#ubuntu-cl 2012-08-27
<pedro_> wenas
<kamusin> buenas
<pedro_> wenas kamusin
<kamusin> parejito el día lunes
<kamusin> se toparon con el taco de la mañana me imagino
<fabio> wen dia
<fabio> pucha que se viene bonito gnome 3.6
<fabio> ayer compile a duras penas un par de apps y whoo nacio chocapic
<kamusin> oye fabio  y cuando gnome os?
<c3959> holaa!!
<fefa> bueenos dias
<arescobar> hola a todos los presentes
<fabio> kamusin, el dia del nispero!
<fabio> segun williams 2014 y varios
<pedro_> holas c3959  fabio arescobar fefa
<c3959> hola pedro_
<pedro_> ubuntu va a uasar el nautilus viejo :-/
<pedro_> nah que ver
<c3959> ?
<arescobar> asi parece
<kamusin> buu
<kamusin> yo tenia mis fe en ello
<c3959> como es eso de que usara nautilus viejo
<fabio> hola pedro_
<fabio> jhbuild
<fabio> no queda otra pa' ubuntu
<pedro_> igual ni uso nautilus haha
<pedro_> c3959: hay caracteristicas que se removieron en 3.6 y a algunos les irrito asi que se van a quedar con 3.4
<pedro_> ( nautilus)
<pedro_> yo de verdad creo que son cosas normales y criticas, pero, son muy llorones en ubuntu...

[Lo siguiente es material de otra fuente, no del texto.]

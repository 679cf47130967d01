-- ===== src/Lib.antt =====
-- Verification library of the GEM REST API (api/gem_api): the Python service that builds and tears
-- down emulated clusters, an admin workstation and an edge router by running Terraform and Ansible in
-- the background, and changes their workloads through kubectl.
--
-- The parts and how they interact. A request is validated (api/gem_api/models), a handler
-- (api/gem_api/routers) registers an operation with the manager (api/gem_api/services/operations.py)
-- and starts a task, and the task runs a pipeline of the runner (api/gem_api/services/runner.py), which
-- starts commands, logs their output line by line through the manager and brings the operation to its
-- end. For a resource with an active operation the manager refuses another one with 409.
--
-- Files:
-- - Validators: models/validators.py. Patterns holds the six regular expressions, Sanitize
--   sanitize_optional_str and the runner's _clean_str, Names the validators of names, Zone
--   validate_zone_and_region, Errors the ValueErrors. Addresses is the part of Python's ipaddress that
--   models/clusters.py calls, Networks its validators of names, blocks and gateways. Zone/Shape,
--   Zone/Consistency, Names/Accepted, Addresses/Ranges, Addresses/RoundTrip and Networks/Accepted are
--   about what is accepted.
-- - Regex: regular expressions by derivatives, and the languages they stand for.
-- - Requests: the validated request models of models/clusters.py, workstation.py and edge_router.py.
--   Fields is how pydantic validates the fields of a body, with Fields/Ensures on what that establishes,
--   and Clusters the bodies of cluster requests; Clusters/Networks and Clusters/Accepted are about what
--   is accepted.
-- - Manifest: manifest.py, the group variables of Ansible as the API reads them; Manifest/Defaults is
--   about its defaults.
-- - Config: the names that Settings of config.py derives; Config/Resolving is how it finds the default
--   project and zone. Json: json.dumps with its defaults.
-- - Exceptions: what a call may raise, and Outcome, how it ends.
-- - Operations: services/operations.py and models/operations.py. Model holds the record and the
--   responses, Subscribers _publish, World the state with the log files, Manager the methods:
--   register_operation, update_operation, append_log, attach_task, finalize_task for _finalize_task,
--   get_operation, list_operations, cancel_operation and reset. Logs is get_logs, Streams stream_logs;
--   Logs/Lines and Logs/Mirror are about the log that a file and a buffer represent, Streams/Account and
--   Streams/Ends about what a client gets. Under Manager, Views is about what a
--   method leaves alone, Exclusion about the operations active on a resource, Changes, Steps and
--   Steps/Invariants about the manager as a state machine, Lifecycle about the end of an operation and
--   Refusals about the error branches.
-- - Runner: services/runner.py. Location and Context prepare a request, Decoding and Output turn the
--   bytes of a command into lines, Machine and Execute are _execute_command, _mock_step,
--   _finalize_pipeline and _fail_pipeline, Pipelines the six run_* methods. Along and Keeps are about
--   what an action does to the record of the operation, Leads about
--   a pipeline as steps of the manager, Ends about the end of a pipeline, Success about
--   its commands, Execute/Chunking about the reads of output.
-- - Routers: the handlers that start, read and cancel operations; Accepted is about their answers,
--   SafeIds about the names of resources as operation ids, and Logs is get_operation_logs.
-- - Kubernetes: services/k8s_client.py, running kubectl and translating its failures. Models holds
--   models/vms.py and pods.py, Actions the five operations that change a cluster, and their handlers in
--   routers/cluster_operations.py; Failures is about how they end. Values is the JSON that kubectl prints,
--   Lists list_pods and list_vms, Status get_cluster_status and Syncs list_rootsyncs; Lists/Reads,
--   Lists/Items and Lists/Listed, Status/Connected and Syncs/Commits are about what they show.
-- - Gcp: services/gcp_client.py; Gcp/Reports is about a membership, and
--   Gcp/Discovered about the clusters that it lists.
-- - Prelude: shared helpers; Tests: runs at fixed inputs.
--
-- How the code is modelled. Text is the list of code points. The state of the manager is World: the dict
-- of records in insertion order, the content of the log files, how often the clock was read and a log
-- file was opened, and the effects asked of the system. The readings of the clock, the failures of
-- open(), whether a process runs and whether a task is done are functions in Environment. Methods that
-- hold the manager's lock are single steps; the methods without a lock contain no await and are steps
-- too. A failure is a value: Outcome is returned or raised, with the state behind it, since an exception
-- does not undo what was changed before.
-- A pipeline is an action on Machine: the world, what the coming subprocesses print and return, and the
-- commands started so far. A user may cancel while the pipeline waits for output or sleeps in a mock
-- step, which is an event in these inputs; if a task is attached, the wait then ends in CancelledError.
-- A pipeline reads its record anew at its id, where the code keeps a reference: the two agree while no
-- registration replaces the record during the pipeline. get_abm_version, os.environ and the settings are
-- parameters in Setup. A requested path is a text joined with /.
-- stream_logs is an asynchronous generator: a turn of it runs to the next line for the client, to an
-- empty queue or to its end. A stream carries its own queue, which stands for its entry among the
-- subscribers of the record; a publication offers to each entry on its own. A closed stream has left
-- them.
-- A body for a request holds values of the types that its model declares; a number below 0 is not
-- represented. The catalog of variants and versions is what the manifest functions return. The content
-- of the YAML file, the variables and the files of the host and what becomes of a call of kubectl are
-- inputs: Source, Host and Gcloud. So are json.loads and the way in which pydantic reads an int or a bool;
-- an exception that the code catches is told from one that it does not. In the model the JSON of kubectl
-- and of gcloud has natural numbers only, json.loads raises nothing but JSONDecodeError, and the keys of the
-- YAML mappings are texts.
-- register_operation waits for a thread that writes the first line of the log file. What other methods do
-- meanwhile is not modelled: a stream that is opened then misses this line, which is not published.
-- The regular expressions end in $, which in Python also matches before a final newline; the validators
-- apply them to stripped texts, which have none. str.lower and str.strip are modelled on the code points
-- that the comparisons here can see, as the comments in Prelude/Strings say.
--
-- Fuel. The loop of _publish has one round more than the queue has items, which is enough: each round
-- but the last takes one item out. Decimal digits have as much fuel as the number.
--
-- The turns of a stream are bounded by the number of lines in its snapshot and its queue, and the zero
-- bits of a mask by its 32 bits.
--
-- Not modelled: list_secondary_networks of services/k8s_client.py, which needs IPv6 addresses; the
-- timeout of services/process.py; the handlers that only pass a list on; the bodies of
-- models/workstation.py and edge_router.py; the cache of load_group_vars and
-- get_default_secondary_networks; main.py, which wires the application; the logging module. The SIGKILL two seconds behind a cancellation is an effect that is asked for, not a
-- later step. Ansible, Terraform, the shell scripts, the policies and the Go operator are other programs.
mod Prelude
pub mod Manifest
pub mod Regex
pub mod Validators
pub mod Exceptions
pub mod Operations
pub mod Config
pub mod Requests
pub mod Json
pub mod Runner
pub mod Kubernetes
pub mod Gcp
pub mod Routers
mod Tests
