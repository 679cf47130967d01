-- ===== src/Prelude/Strings.antt =====
-- Python's str as the list of its code points, with the methods that the API calls: strip,
-- rstrip, lower, startswith, `in`, split and rsplit. A literal is written `codes "..."`.
pub mod Stripping
pub mod Splitting
pub mod Sorting
use Prim.Native.Nat.{ℕ, zero, suc, ◌+◌, ◌/◌, ◌%◌}
use Prim.Native.Char.{code}
use Prim.Native.String.{String}
use mathlib.Core.Path.{◌≡◌, refl}
use mathlib.Core.Logic.{◌↔◌}
use mathlib.Core.Bool.{Bool, true, false, ◌&&◌, ◌||◌}
use mathlib.Core.List.{List, [], ◌∷◌, ◌++◌, map}
use mathlib.Core.Option.{Option, none, some}
use native.Mathlib.Omega.{arith}
use gem_gdc_emulation_enviro.Prelude.Tests.{leb, ◌==◌, if◌then◌else◌, or_else}
use gem_gdc_emulation_enviro.Prelude.Lists.{is_empty, any}

abbrev pub Text : Type 0
Text = List ℕ

abbrev pub codes : String → Text
codes String.[] = []
codes (String.◌∷◌ c s) = code c ∷ codes s

unfoldable pub text_eq : Text → Text → Bool
text_eq [] [] = true
text_eq [] (d ∷ t) = false
text_eq (c ∷ s) [] = false
text_eq (c ∷ s) (d ∷ t) = c == d && text_eq s t

pub text_eq_iff : (s t : Text) → (text_eq s t ≡ true) ↔ (s ≡ t)
unfolding text_eq
text_eq_iff [] [] = ground arith
text_eq_iff [] (d ∷ t) = ground arith
text_eq_iff (c ∷ s) [] = ground arith
text_eq_iff (c ∷ s) (d ∷ t) = ground (arith, text_eq_iff s t)

pub text_eq_refl : (s : Text) → text_eq s s ≡ true
text_eq_refl s = (text_eq_iff s s).1 refl

-- `s in (a, b, ...)` for a tuple of texts.
unfoldable pub is_member : Text → List Text → Bool
unfolding text_eq
is_member s [] = false
is_member s (t ∷ ts) = text_eq s t || is_member s ts

-- str.isspace for one code point: what `strip` and `rstrip` remove.
unfoldable pub is_space : ℕ → Bool
is_space c =
    (leb 9 c && leb c 13)
    || ((leb 28 c && leb c 32)
        || (c == 0x85
            || (c == 0xa0
                || (c == 0x1680
                    || ((leb 0x2000 c && leb c 0x200a)
                        || (c == 0x2028
                            || (c == 0x2029 || (c == 0x202f || (c == 0x205f || c == 0x3000)))))))))

unfoldable pub lstrip : Text → Text
unfolding is_space
lstrip [] = []
lstrip (c ∷ s) = let rest = lstrip s in if is_space c then rest else c ∷ s

-- One code point in front of a text that is stripped at its right end already.
abbrev pub cons_stripped : ℕ → Text → Text
cons_stripped c [] = if is_space c then [] else c ∷ []
cons_stripped c (d ∷ s) = c ∷ d ∷ s

unfoldable pub rstrip : Text → Text
unfolding is_space
rstrip [] = []
rstrip (c ∷ s) = cons_stripped c (rstrip s)

unfoldable pub strip : Text → Text
unfolding lstrip rstrip
strip s = rstrip (lstrip s)

-- The lower case of ASCII letters. A letter outside ASCII that lower() takes into ASCII is only
-- the Kelvin sign, which gives k: no text that the API compares with has a k.
abbrev pub lower_code : ℕ → ℕ
lower_code c = if leb b'A' c && leb c b'Z' then c + 32 else c

unfoldable pub lower : Text → Text
lower = map lower_code

-- s.startswith(p)
unfoldable pub starts_with : Text → Text → Bool
starts_with s [] = true
starts_with [] (d ∷ p) = false
starts_with (c ∷ s) (d ∷ p) = c == d && starts_with s p

-- p in s
unfoldable pub contains : Text → Text → Bool
unfolding starts_with
contains [] p = is_empty p
contains (c ∷ s) p = starts_with (c ∷ s) p || contains s p

abbrev pub has_code : ℕ → Text → Bool
has_code d s = any (λ c. c == d) s

-- str(n): the decimal digits, by repeated division. The fuel n + 1 is enough, as n / 10 < n.
decimal_from : ℕ → ℕ → Text → Text
decimal_from zero n acc = acc
decimal_from (suc f) n acc =
    let digit = b'0' + n % 10 in
    let more = decimal_from f (n / 10) (digit ∷ acc) in if leb n 9 then digit ∷ acc else more

unfoldable pub decimal : ℕ → Text
unfolding decimal_from
decimal n = decimal_from (suc n) n []

-- s.rpartition on one separator: what stands before the last d, if there is one.
unfoldable pub before_last : ℕ → Text → Option Text
before_last d [] = none
before_last d (c ∷ s) = elim (before_last d s) [
  | some h ↦ some (c ∷ h)
  | none ↦ if c == d then some [] else none
]

-- s.rsplit(d, 1)[0]: the whole text where d does not occur.
unfoldable pub rsplit_head : ℕ → Text → Text
unfolding before_last
rsplit_head d s = or_else (before_last d s) s

abbrev pub cons_head : ℕ → List Text → List Text
cons_head c [] = (c ∷ []) ∷ []
cons_head c (part ∷ parts) = (c ∷ part) ∷ parts

-- s.split(d)
unfoldable pub split : ℕ → Text → List Text
split d [] = [] ∷ []
split d (c ∷ s) = if c == d then [] ∷ split d s else cons_head c (split d s)

-- parts[:-1]
abbrev pub init : List Text → List Text
init [] = []
init (x ∷ []) = []
init (x ∷ y ∷ xs) = x ∷ init (y ∷ xs)

-- d.join(parts)
abbrev pub join : ℕ → List Text → Text
join d [] = []
join d (x ∷ []) = x
join d (x ∷ y ∷ xs) = x ++ d ∷ join d (y ∷ xs)
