-- ===== src/Prelude.antt =====
-- The names that every part of the development shares: the libraries', passed on, and the
-- helpers of four children on tests, lists, texts and dictionaries.
mod Tests
mod Lists
pub mod Strings
pub mod Dict
pub use Tests.*
pub use Lists.*
pub use Strings.{Text, codes, text_eq_iff, text_eq_refl}
unfoldable pub use Strings.{text_eq}
pub use Prim.Native.Nat.{ℕ, zero, suc, ◌+◌, ◌-◌, ◌*◌, ◌/◌, ◌%◌, ◌^◌, ◌≤◌, ◌<◌}
pub use Prim.Native.String.{String}
pub use mathlib.Core.Path.{◌≡◌, refl, sym, ap, ◌∙◌, subst}
pub use mathlib.Core.Logic.{◌≢◌, ◌↔◌, ◌⊎◌, inl, inr}
pub use mathlib.Core.Bool.{Bool, true, false, ◌&&◌, ◌||◌, not}
pub use mathlib.Core.Option.{Option, none, some}
pub use mathlib.Core.List.{List, [], ◌∷◌, ◌++◌, append-nil, append_assoc}
unfoldable pub use mathlib.Core.List.{map}
pub use native.Mathlib.Omega.{arith}
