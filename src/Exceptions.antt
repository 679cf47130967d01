-- ===== src/Exceptions.antt =====
-- What a call of the API's services may raise, and how a call ends.
use gem_gdc_emulation_enviro.Prelude.{Text, codes, ℕ, ◌++◌}

pub data Exception : Type 0 where
  -- fastapi's HTTPException: the status code and the detail
  http : ℕ → Text → Exception
  attribute_error : Exception
  -- asyncio.CancelledError, which `except Exception` does not catch
  cancelled_error : Exception
  -- any other exception: the name of its type, and its str()
  other_error : Text → Text → Exception

pub data Outcome {ℓ} (A : Type ℓ) : Type ℓ where
  returned : A → Outcome A
  raised : Exception → Outcome A

abbrev pub status_400_bad_request : ℕ
status_400_bad_request = 400

abbrev pub status_404_not_found : ℕ
status_404_not_found = 404

abbrev pub status_409_conflict : ℕ
status_409_conflict = 409

infixr 65 ◌&◌
abbrev pub ◌&◌ : Text → Text → Text
s & t = s ++ t

-- 'v', as the messages quote a value.
abbrev pub quoted : Text → Text
quoted v = codes "'" & v & codes "'"

infixl 5 ◌>>=◌
abbrev pub ◌>>=◌ {ℓ κ} : {A : Type ℓ} {B : Type κ} → Outcome A → (A → Outcome B) → Outcome B
returned a >>= f = f a
raised e >>= f = raised e

abbrev pub status_502_bad_gateway : ℕ
status_502_bad_gateway = 502

abbrev pub status_503_service_unavailable : ℕ
status_503_service_unavailable = 503
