-- ===== src/Config.antt =====
-- Settings of api/gem_api/config.py, as they are resolved, and the names that it derives.
pub mod Resolving
use gem_gdc_emulation_enviro.Prelude.{Text, codes, if◌then◌else◌, is_empty}
use gem_gdc_emulation_enviro.Prelude.Strings.{has_code, split, init, join}
use gem_gdc_emulation_enviro.Exceptions.{◌&◌}

pub record Settings : Type 0 where
  pub repo_root : Text
  pub default_project_id : Text
  pub default_zone : Text
  pub log_dir : Text

-- Settings.default_region
unfoldable pub default_region : Settings → Text
default_region s =
    if has_code b'-' s.default_zone
    then join b'-' (init (split b'-' s.default_zone))
    else codes "us-central1"

-- `project_id or self.default_project_id`
abbrev project_or_default : Settings → Text → Text
project_or_default s project_id = if is_empty project_id then s.default_project_id else project_id

unfoldable pub get_provisioning_sa : Settings → Text → Text
get_provisioning_sa s project_id =
    codes "tf-provisioner@" & project_or_default s project_id & codes ".iam.gserviceaccount.com"

unfoldable pub get_cluster_admin_sa : Settings → Text → Text
get_cluster_admin_sa s project_id =
    codes "gem-cluster-admin@" & project_or_default s project_id & codes ".iam.gserviceaccount.com"

unfoldable pub get_tf_state_bucket : Settings → Text → Text
get_tf_state_bucket s project_id = codes "gem-" & project_or_default s project_id & codes "-tfstate"
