-- ===== src/Prelude/Strings/Stripping.antt =====
-- What strip and rstrip leave.
use Prim.Native.Nat.{ℕ}
use mathlib.Core.Path.{◌≡◌, refl, ◌∙◌, ap}
use mathlib.Core.Logic.{inl, inr}
use mathlib.Core.Bool.{true, false, not}
use mathlib.Core.List.{[], ◌∷◌}
use native.Mathlib.Omega.{arith}
use gem_gdc_emulation_enviro.Prelude.Tests.{Bool-cases}
use gem_gdc_emulation_enviro.Prelude.Lists.{all}
use gem_gdc_emulation_enviro.Prelude.Strings.{Text, is_space, lstrip, rstrip, cons_stripped, strip}

abbrev pub StartsClean : Text → Type 0
StartsClean [] = Unit
StartsClean (c ∷ s) = is_space c ≡ false

lstrip-StartsClean : (s : Text) → StartsClean (lstrip s)
unfolding lstrip
lstrip-StartsClean [] = tt
lstrip-StartsClean (c ∷ s) = elim (Bool-cases (is_space c)) [
  | inl e ↦ rw e (lstrip-StartsClean s)
  | inr e ↦ rw e e
]

lstrip_of_StartsClean : (s : Text) → StartsClean s → lstrip s ≡ s
unfolding lstrip
lstrip_of_StartsClean [] h = refl
lstrip_of_StartsClean (c ∷ s) h = rw h

cons_stripped-StartsClean :
    (c : ℕ) (s : Text) → is_space c ≡ false → StartsClean (cons_stripped c s)
cons_stripped-StartsClean c [] h = rw h h
cons_stripped-StartsClean c (d ∷ s) h = h

rstrip-StartsClean : (s : Text) → StartsClean s → StartsClean (rstrip s)
unfolding rstrip
rstrip-StartsClean [] h = tt
rstrip-StartsClean (c ∷ s) h = cons_stripped-StartsClean c (rstrip s) h

-- A text that rstrip leaves as it is stays so under one more code point in front.
rstrip-cons_stripped :
    (c : ℕ) (s : Text) → rstrip s ≡ s → rstrip (cons_stripped c s) ≡ cons_stripped c s
unfolding rstrip
rstrip-cons_stripped c [] h = ground arith
rstrip-cons_stripped c (d ∷ s) h = ap (cons_stripped c) h

pub rstrip-rstrip : (s : Text) → rstrip (rstrip s) ≡ rstrip s
unfolding rstrip
rstrip-rstrip [] = refl
rstrip-rstrip (c ∷ s) = rstrip-cons_stripped c (rstrip s) (rstrip-rstrip s)

-- Stripping a second time changes nothing.
pub strip-strip : (s : Text) → strip (strip s) ≡ strip s
unfolding strip
strip-strip s =
    ap rstrip
      (lstrip_of_StartsClean (rstrip (lstrip s)) (rstrip-StartsClean _ (lstrip-StartsClean s)))
    ∙ rstrip-rstrip (lstrip s)

rstrip_of_all : (s : Text) → all (λ c. not (is_space c)) s ≡ true → rstrip s ≡ s
unfolding rstrip
rstrip_of_all [] h = refl
rstrip_of_all (c ∷ s) h = rw (rstrip_of_all s (ground arith)) (cons_clean s)
  where
    cons_clean : (t : Text) → cons_stripped c t ≡ c ∷ t
    cons_clean [] = ground arith
    cons_clean (d ∷ t) = refl

StartsClean-of_all : (s : Text) → all (λ c. not (is_space c)) s ≡ true → StartsClean s
StartsClean-of_all [] h = tt
StartsClean-of_all (c ∷ s) h = ground arith

-- A text without white space is its own strip.
pub strip_of_all : (s : Text) → all (λ c. not (is_space c)) s ≡ true → strip s ≡ s
unfolding strip
strip_of_all s h = ap rstrip (lstrip_of_StartsClean s (StartsClean-of_all s h)) ∙ rstrip_of_all s h
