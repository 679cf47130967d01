-- ===== src/Runner/Decoding.antt =====
-- bytes.decode("utf-8", errors="replace"): a state machine over the bytes. Each maximal part of an
-- ill-formed sequence gives one U+FFFD.
use gem_gdc_emulation_enviro.Prelude.{
  Text, ℕ, ◌+◌, ◌*◌, ◌-◌, List, [], ◌∷◌, ◌&&◌, leb, ltb, ◌==◌, if◌then◌else◌,
}

-- Inside a sequence: the number of continuation bytes to come, the range of the next one, and the
-- bits so far. None to come is the state between two characters.
record Decoder : Type 0 where
  left : ℕ
  low : ℕ
  high : ℕ
  bits : ℕ

abbrev between : Decoder
between = record { left = 0; low = 0x80; high = 0xbf; bits = 0 }

abbrev sequence : ℕ → ℕ → ℕ → ℕ → Decoder
sequence left low high bits = record { left = left; low = low; high = high; bits = bits }

abbrev replacement : ℕ
replacement = 0xfffd

-- A byte that starts a character.
lead : ℕ → Text × Decoder
lead b =
    if ltb b 0x80
    then (b ∷ [], between)
    else if leb 0xc2 b && leb b 0xdf
    then ([], sequence 1 0x80 0xbf (b - 0xc0))
    else if leb 0xe0 b && leb b 0xef
    then (
      [],
      sequence 2 (if b == 0xe0 then 0xa0 else 0x80) (if b == 0xed then 0x9f else 0xbf) (b - 0xe0),
    )
    else if leb 0xf0 b && leb b 0xf4
    then (
      [],
      sequence 3 (if b == 0xf0 then 0x90 else 0x80) (if b == 0xf4 then 0x8f else 0xbf) (b - 0xf0),
    )
    else (replacement ∷ [], between)

abbrev after_replacement : Text × Decoder → Text × Decoder
after_replacement (out, d) = (replacement ∷ out, d)

step : Decoder → ℕ → Text × Decoder
unfolding lead
step d b =
    if d.left == 0
    then lead b
    else if leb d.low b && leb b d.high
    then (let bits = d.bits * 64 + (b - 0x80) in
        if d.left == 1 then (bits ∷ [], between) else ([], sequence (d.left - 1) 0x80 0xbf bits))
    else after_replacement (lead b)

abbrev emit : Text → Text → Text
emit [] rest = rest
emit (c ∷ out) rest = c ∷ emit out rest

decode_from : Decoder → List ℕ → Text
decode_from d [] = if d.left == 0 then [] else replacement ∷ []
decode_from d (b ∷ bytes) = let next = step d b in emit next.0 (decode_from next.1 bytes)

unfoldable pub decode : List ℕ → Text
unfolding decode_from step
decode bytes = decode_from between bytes
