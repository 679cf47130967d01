-- ===== src/Kubernetes.antt =====
-- K8sService of api/gem_api/services/k8s_client.py: running kubectl, and what its failures become.
pub mod Models
pub mod Actions
pub mod Failures
pub mod Values
pub mod Lists
pub mod Status
pub mod Syncs
use gem_gdc_emulation_enviro.Prelude.{
  false, Text, codes, ℕ, suc, ◌==◌, List, [], ◌∷◌, ◌++◌, Option, none, some, Bool, not, ◌&&◌,
  is_empty, is_some, if◌then◌else◌,
}
use gem_gdc_emulation_enviro.Prelude.Strings.{strip, lower, contains, decimal}
use gem_gdc_emulation_enviro.Exceptions.{
  Outcome, returned, raised, http, status_404_not_found, status_409_conflict,
  status_502_bad_gateway, status_503_service_unavailable, ◌&◌,
}
use gem_gdc_emulation_enviro.Runner.Decoding.{decode}

-- A return code: that of an exit, or minus the number of a signal.
pub data ℤ : Type 0 where
  pos negsuc : ℕ → ℤ

abbrev pub is_zero : ℤ → Bool
is_zero (pos n) = n == 0
is_zero (negsuc n) = false

abbrev pub shown : ℤ → Text
shown (pos n) = decimal n
shown (negsuc n) = codes "-" & decimal (suc n)

-- A command line, and what is written to its standard input.
pub record Call : Type 0 where
  pub argv : List Text
  pub stdin : Option Text

-- What communicate_or_kill and create_subprocess_exec report: the end of the process with its output,
-- a timeout, or an OSError or ValueError with its str().
pub data Execution : Type 0 where
  completed : ℤ → List ℕ → List ℕ → Execution
  timed_out : Execution
  failed : Text → Execution

-- The host of the API: its files and variables, and what becomes of a call of kubectl.
pub record Host : Type 0 where
  pub has_kubectl : Bool
  pub is_file : Text → Bool
  pub kubeconfig : Option Text
  pub home : Text
  pub run : Call → Execution

abbrev pub missing_kubectl : Text
missing_kubectl = codes "kubectl binary not found"

-- `for candidate in candidates: if candidate and Path(candidate).is_file()`
unfoldable pub first_file : (Text → Bool) → List Text → Option Text
first_file is_file [] = none
first_file is_file (c ∷ candidates) =
    let later = first_file is_file candidates in
    if not (is_empty c) && is_file c then some c else later

-- A variable that is not set stands as an empty text, which is passed over as None is.
abbrev text_or_none : Option Text → Text
text_or_none none = []
text_or_none (some s) = s

unfoldable pub find_kubeconfig : Host → Text → Option Text
unfolding first_file
find_kubeconfig host cluster_name = first_file host.is_file (
    text_or_none host.kubeconfig
    ∷ (host.home & codes "/.kube/" & cluster_name & codes "-kubeconfig")
    ∷ (codes "/tmp/" & cluster_name & codes "-kubeconfig")
    ∷ codes "/home/gem/.kube/config"
    ∷ (host.home & codes "/.kube/config")
    ∷ [])

abbrev kubeconfig_args : Option Text → List Text
kubeconfig_args none = []
kubeconfig_args (some path) = (codes "--kubeconfig=" & path) ∷ []

-- The return code, the output and the error output of a command.
pub record Result : Type 0 where
  pub rc : ℤ
  pub stdout : Text
  pub stderr : Text

abbrev pub failure : Text → Result
failure message = record { rc = negsuc 0; stdout = []; stderr = message }

unfoldable pub result_of : Execution → Result
unfolding decode
result_of (completed rc out errors) = record {
  rc = rc;
  stdout = decode out;
  stderr = decode errors;
}
result_of timed_out = failure (codes "kubectl timed out after 6.0s")
result_of (failed e) = failure e

unfoldable pub kubectl_call : Host → Text → List Text → Option Text → Call
unfolding find_kubeconfig
kubectl_call host cluster_name args input_data = record {
  argv = codes "kubectl" ∷ (kubeconfig_args (find_kubeconfig host cluster_name) ++ args);
  stdin = input_data;
}

-- _exec_kubectl, with the calls that it makes.
unfoldable pub exec_kubectl : Host → Text → List Text → Option Text → Result × List Call
unfolding result_of kubectl_call
exec_kubectl host cluster_name args input_data =
    let call = kubectl_call host cluster_name args input_data in
    if host.has_kubectl
    then (result_of (host.run call), call ∷ [])
    else (failure missing_kubectl, [])

-- What a failure means to the caller: the action, and the details of a 404 and of a 409 where they can
-- occur.
pub record Explanation : Type 0 where
  pub action : Text
  pub not_found : Option Text
  pub conflict : Option Text

abbrev pub gateway_detail : ℤ → Text → Text → Text
gateway_detail rc action err =
    codes "Failed to "
    & action
    & codes ": "
    & (if is_empty err then codes "kubectl exited with code " & shown rc else err)

abbrev pub detail_if : Bool → ℕ → Option Text → Outcome (Unit {0}) → Outcome (Unit {0})
detail_if holds status none next = next
detail_if holds status (some detail) next =
    if not (is_empty detail) && holds then raised (http status detail) else next

-- _raise_for_kubectl
unfoldable pub raise_for_kubectl : ℤ → Text → Explanation → Outcome (Unit {0})
unfolding strip lower contains
raise_for_kubectl rc stderr x =
    let err = strip stderr in
    if is_zero rc
    then returned tt
    else if contains err missing_kubectl
    then raised (
        http status_503_service_unavailable
          (codes "Cannot " & x.action & codes ": kubectl is not available in the API environment."))
    else detail_if (contains (lower err) (codes "not found")) status_404_not_found x.not_found (
        detail_if (contains (lower err) (codes "already exists")) status_409_conflict x.conflict
          (raised (http status_502_bad_gateway (gateway_detail rc x.action err))))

<pedro_> (la comunidad digo)
<pedro_> aca hay mas info http://www.omgubuntu.co.uk/2012/08/ubuntu-12-10-may-ship-with-older-but-more-featured-nautilus
<c3959> pedro_: amss no tenia idea, si son llorones lo de ubuntu
<c3959> hay que eliminarlos :-D
<pedro_> hahah
<fabio> en realidad nautilus es cada vez menos usado, todo se accede a través de las apps
<c3959> pedro_: por eso uno usa mejor windows... pa no complicarse la vida
<c3959> lol
<arescobar> jajaja
<arescobar> en la interfaz me gusto mas esta http://3.bp.blogspot.com/--W4OOlYCchY/UAbCixPa-FI/AAAAAAAAER0/a6tpwXNVsbw/s1600/Nautilus%2BUbuntu_3.png que esta otra http://www.iloveubuntu.net/pictures_me/new%2034%20nautilus%20q123%20new123.png
<c3959> arescobar: mas linda y practcia la segunda
<c3959> tiene un boton directo de verlo en grilla los directorios
<arescobar> se pero me gusto mas la primera por los colores
<c3959> arescobar: pero depues lo pintas a tu gusto
<c3959> vas a la libreria mas cercana, aplicas sus acuarelas, y sharaaan!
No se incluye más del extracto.